(Stored items)
=== Begin Enclosure ===

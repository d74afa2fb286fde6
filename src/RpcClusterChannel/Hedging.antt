-- ===== src/RpcClusterChannel/Hedging.antt =====
-- src/RpcClusterChannel.cpp: a backup request that finds no other instance.
use my_rpc_project.Base.{
  ℕ, zero, suc, ◌+◌, ◌≤◌, ◌<◌, ◌≡◌, ◌≢◌, refl, ap, ◌∙◌, Bool, true, false, not, ◌&&◌, List, [], ◌∷◌,
  none, some, length, get_elem?, ◌==◌, ==_self, inl, inr, ◌⊎◌, Bool-cases, arith,
}
use my_rpc_project.Base.Maps.{find, insert, find-insert}
use my_rpc_project.Protocol.{Status}
use my_rpc_project.CircuitBreaker.{is_open, is_available}
use my_rpc_project.Retry.{RetryOptions, RetryBudget, try_consume, should_retry}
use my_rpc_project.RpcClusterChannel.{Instance, Cluster}
use my_rpc_project.RpcClusterChannel.Attempts.{
  Call, Hedge, Client, Round, breaker_of, modify_call, complete, with_status, finish, set_status,
  set_budget, retry_if, fail, fail_call, states_from, open_from, choose_index, is_usable, recover,
  target, dispatch, arm_hedge, attempt_once, on_hedge,
}
use my_rpc_project.RpcClusterChannel.Events.{hedges, drop_at, step}

module _ {D : Type 0} (r : Round D) (c : Cluster) (exclude : ℕ) where
  -- No instance but the one at the index `exclude` is healthy, of instances from an index on.
  abbrev pub NoOther : ℕ → List Instance → Type 0
  NoOther n is =
      (j : ℕ) (i : Instance)
      → get_elem? is j ≡ some i
      → n + j ≢ exclude
      → r.is_healthy i.channel ≡ false

  length-states_from :
      (n : ℕ) (is : List Instance) → length (states_from r c exclude n is) ≡ length is
  unfolding states_from
  length-states_from n [] = refl
  length-states_from n (i ∷ is) = ap suc (length-states_from (suc n) is)

  unhealthy :
      (n : ℕ) (i : Instance) (up : Bool)
      → (n ≢ exclude → r.is_healthy i.channel ≡ false)
      → (not (n == exclude) && (r.is_healthy i.channel && up)) ≡ false
  unhealthy n i up h = elim (Bool-cases (n == exclude)) [
    | inl this ↦ rw this refl
    | inr other ↦ rw (other, h (λ e. ground arith)) refl
  ]

  is_usable-none :
      (n idx : ℕ) (is : List Instance)
      → NoOther n is
      → is_usable r (states_from r c exclude n is) idx ≡ false
  unfolding is_usable states_from
  is_usable-none n idx [] h = refl
  is_usable-none n zero (i ∷ is) h =
      unhealthy n i (is_available (breaker_of c i) r.now)
        (λ other. h 0 i refl (λ e. other (omega arith)))
  is_usable-none n (suc idx) (i ∷ is) h =
      is_usable-none (suc n) idx is (λ j k e other. h (suc j) k e (λ f. other (omega arith)))

  open_from-le : (n : ℕ) (is : List Instance) → length (open_from r c n is) ≤ length is
  unfolding open_from
  open_from-le n [] = omega arith
  open_from-le n (i ∷ is) = ground (arith, open_from-le (suc n) is)

  open_from-lt :
      (n j : ℕ) (is : List Instance) (i : Instance)
      → get_elem? is j ≡ some i
      → is_open (breaker_of c i) ≡ false
      → length (open_from r c n is) < length is
  unfolding open_from
  open_from-lt n j [] i e shut = absurd (grind arith)
  open_from-lt n zero (k ∷ is) i e shut =
      let same : k ≡ i = cc in
      ground (arith, open_from-le (suc n) is, ap (λ (x : Instance). is_open (breaker_of c x)) same)
  open_from-lt n (suc j) (k ∷ is) i e shut = ground (arith, open_from-lt (suc n) j is i e shut)

  recover-none : (os : List ℕ) (total : ℕ) → length os < total → recover r c os total ≡ none
  unfolding recover
  recover-none [] total h = refl
  recover-none (o ∷ os) total h = ground arith

  target-none :
      (j idx : ℕ) (i : Instance)
      → get_elem? c.instances j ≡ some i
      → is_open (breaker_of c i) ≡ false
      → NoOther 0 c.instances
      → target r c (states_from r c exclude 0 c.instances) idx ≡ none
  unfolding target
  target-none j idx i there shut other = rw (is_usable-none 0 idx c.instances other) (
      recover-none (open_from r c 0 c.instances) (length (states_from r c exclude 0 c.instances)) (
        omega (arith, open_from-lt 0 j c.instances i there shut, length-states_from 0 c.instances)))

-- No retry is granted: the attempts are used up, or the tokens.
abbrev pub IsSpent : RetryOptions → ℕ → ℕ → Type 0
IsSpent options number tokens = (options.max_attempts ≤ number) ⊎ (tokens ≡ 0)

try_consume-zero : (b : RetryBudget) → b.tokens ≡ 0 → try_consume b ≡ (false, b)
unfolding try_consume
try_consume-zero b h = ground arith

retry_if-spent :
    (b : Bool) (s : Client) (c number : ℕ) (options : RetryOptions) (rand : ℕ)
    → (b ≡ false) ⊎ (s.cluster.retry_budget.tokens ≡ 0)
    → retry_if b s c number options rand ≡ finish s c
unfolding retry_if set_budget
retry_if-spent false s c number options rand h = refl
retry_if-spent true s c number options rand (inl never) = absurd (grind arith)
retry_if-spent true s c number options rand (inr spent) =
    rw (try_consume-zero s.cluster.retry_budget spent, retry_if) refl

should_retry-spent :
    (status : Status) (idempotent : Bool) (number max_attempts : ℕ)
    → max_attempts ≤ number
    → should_retry status idempotent number max_attempts ≡ false
unfolding should_retry
should_retry-spent status idempotent number max_attempts h = ground arith

-- A call that is not completed fails for good where no retry is granted.
fail-spent :
    (s : Client) (c number : ℕ) (options : RetryOptions) (rand : ℕ) (x : Call)
    → find c s.calls ≡ some x
    → IsSpent options number s.cluster.retry_budget.tokens
    → fail s c number options rand ≡ finish s c
unfolding fail
fail-spent s c number options rand x there spent =
    rw (there, fail)
      (retry_if-spent (should_retry x.status x.idempotent number options.max_attempts) s c number
        options rand
        (elim spent [
          | inl used ↦
              inl (should_retry-spent x.status x.idempotent number options.max_attempts used)
          | inr empty ↦ inr empty
        ]))

find-modify_call :
    (f : Call → Call) (s : Client) (c : ℕ) (x : Call)
    → find c s.calls ≡ some x
    → modify_call f s c ≡ record s { calls = insert c (f x) s.calls }
unfolding modify_call
find-modify_call f s c x there = rw (there, modify_call) refl

fail_call-spent :
    (s : Client) (c : ℕ) (status : Status) (number rand : ℕ) (x : Call)
    → find c s.calls ≡ some x
    → IsSpent s.cluster.retry_options number s.cluster.retry_budget.tokens
    → let t = fail_call s c status number rand in
      (find c t.calls ≡ some (complete (with_status status x))) × (t.sent ≡ s.sent)
unfolding fail_call set_status finish
fail_call-spent s c status number rand x there spent =
    let y = with_status status x in
    let u : Client = record s { calls = insert c y s.calls } in
    let told : modify_call (with_status status) s c ≡ u =
      find-modify_call (with_status status) s c x there in
    let there_still : find c u.calls ≡ some y = find-insert c c y s.calls ∙ rw (==_self c) refl in
    let last : fail_call s c status number rand
        ≡ record u { calls = insert c (complete y) u.calls } =
      ap (λ v. fail v c number s.cluster.retry_options rand) told
      ∙ fail-spent u c number s.cluster.retry_options rand y there_still spent
      ∙ find-modify_call complete u c y there_still in
    (
      ap (λ (v : Client). find c v.calls) last
          ∙ find-insert c c (complete y) u.calls
          ∙ rw (==_self c) refl,
      ap (λ (v : Client). v.sent) last,
    )

ends :
    {D : Type 0} (r : Round D) (s : Client) (k j : ℕ) (h : Hedge) (x : Call) (i : Instance)
    → get_elem? s.hedges k ≡ some h
    → find h.call s.calls ≡ some x
    → x.completed ≡ false
    → NoOther r s.cluster h.first_index 0 s.cluster.instances
    → get_elem? s.cluster.instances j ≡ some i
    → is_open (breaker_of s.cluster i) ≡ false
    → step s (hedges k r)
      ≡ fail_call (record s { hedges = drop_at k s.hedges }) h.call Status.unknown 1 r.backoff_rand
unfolding step on_hedge attempt_once arm_hedge dispatch
ends r s k j h x i timer there pending other at shut =
    let u : Client = record s { hedges = drop_at k s.hedges } in
    let states = states_from r s.cluster h.first_index 0 s.cluster.instances in
    let idx = choose_index r states x.request_key in
    let fired : step s (hedges k r) ≡ on_hedge r u h = rw (timer, step) refl in
    let backup : on_hedge r u h ≡ attempt_once r u h.call 1 h.first_index false =
      rw (there, on_hedge, pending) refl in
    let missed : target r s.cluster states idx ≡ none =
      target-none r s.cluster h.first_index j idx i at shut other in
    let sent : attempt_once r u h.call 1 h.first_index false
        ≡ dispatch r u h.call 1 (target r s.cluster states idx) =
      rw (there, attempt_once) refl in
    fired ∙ backup ∙ sent ∙ ap (dispatch r u h.call 1) missed

-- A hedge timer that runs out can end its call while the first attempt is still with its channel: where
-- no other instance is healthy, some circuit is not open, and no retry is granted (one attempt at most,
-- or no token is left), the backup finds no instance, and `done` runs with status `unknown`, though no
-- attempt has been answered.
pub hedge_ends_call :
    {D : Type 0} (r : Round D) (s : Client) (k j : ℕ) (h : Hedge) (x : Call) (i : Instance)
    → get_elem? s.hedges k ≡ some h
    → find h.call s.calls ≡ some x
    → x.completed ≡ false
    → NoOther r s.cluster h.first_index 0 s.cluster.instances
    → get_elem? s.cluster.instances j ≡ some i
    → is_open (breaker_of s.cluster i) ≡ false
    → IsSpent s.cluster.retry_options 1 s.cluster.retry_budget.tokens
    → let t = step s (hedges k r) in
      (find h.call t.calls
        ≡ some (record x { status = Status.unknown; completed = true; done = suc x.done }))
      × (t.sent ≡ s.sent)
unfolding complete
hedge_ends_call r s k j h x i timer there pending other at shut spent =
    let u : Client = record s { hedges = drop_at k s.hedges } in
    let (last, same) = fail_call-spent u h.call Status.unknown 1 r.backoff_rand x there spent in
    let ended = ends r s k j h x i timer there pending other at shut in
    (
      ap (λ (t : Client). find h.call t.calls) ended ∙ last ∙ rw pending refl,
      ap (λ (t : Client). t.sent) ended ∙ same,
    )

=== End Enclosure ===

■ Problem to work on ■
Which lines of the data include the string "finish"? Copy each of them.

■ Result ■
  Call, Hedge, Client, Round, breaker_of, modify_call, complete, with_status, finish, set_status,
    → retry_if b s c number options rand ≡ finish s c
    → fail s c number options rand ≡ finish s c
unfolding fail_call set_status finish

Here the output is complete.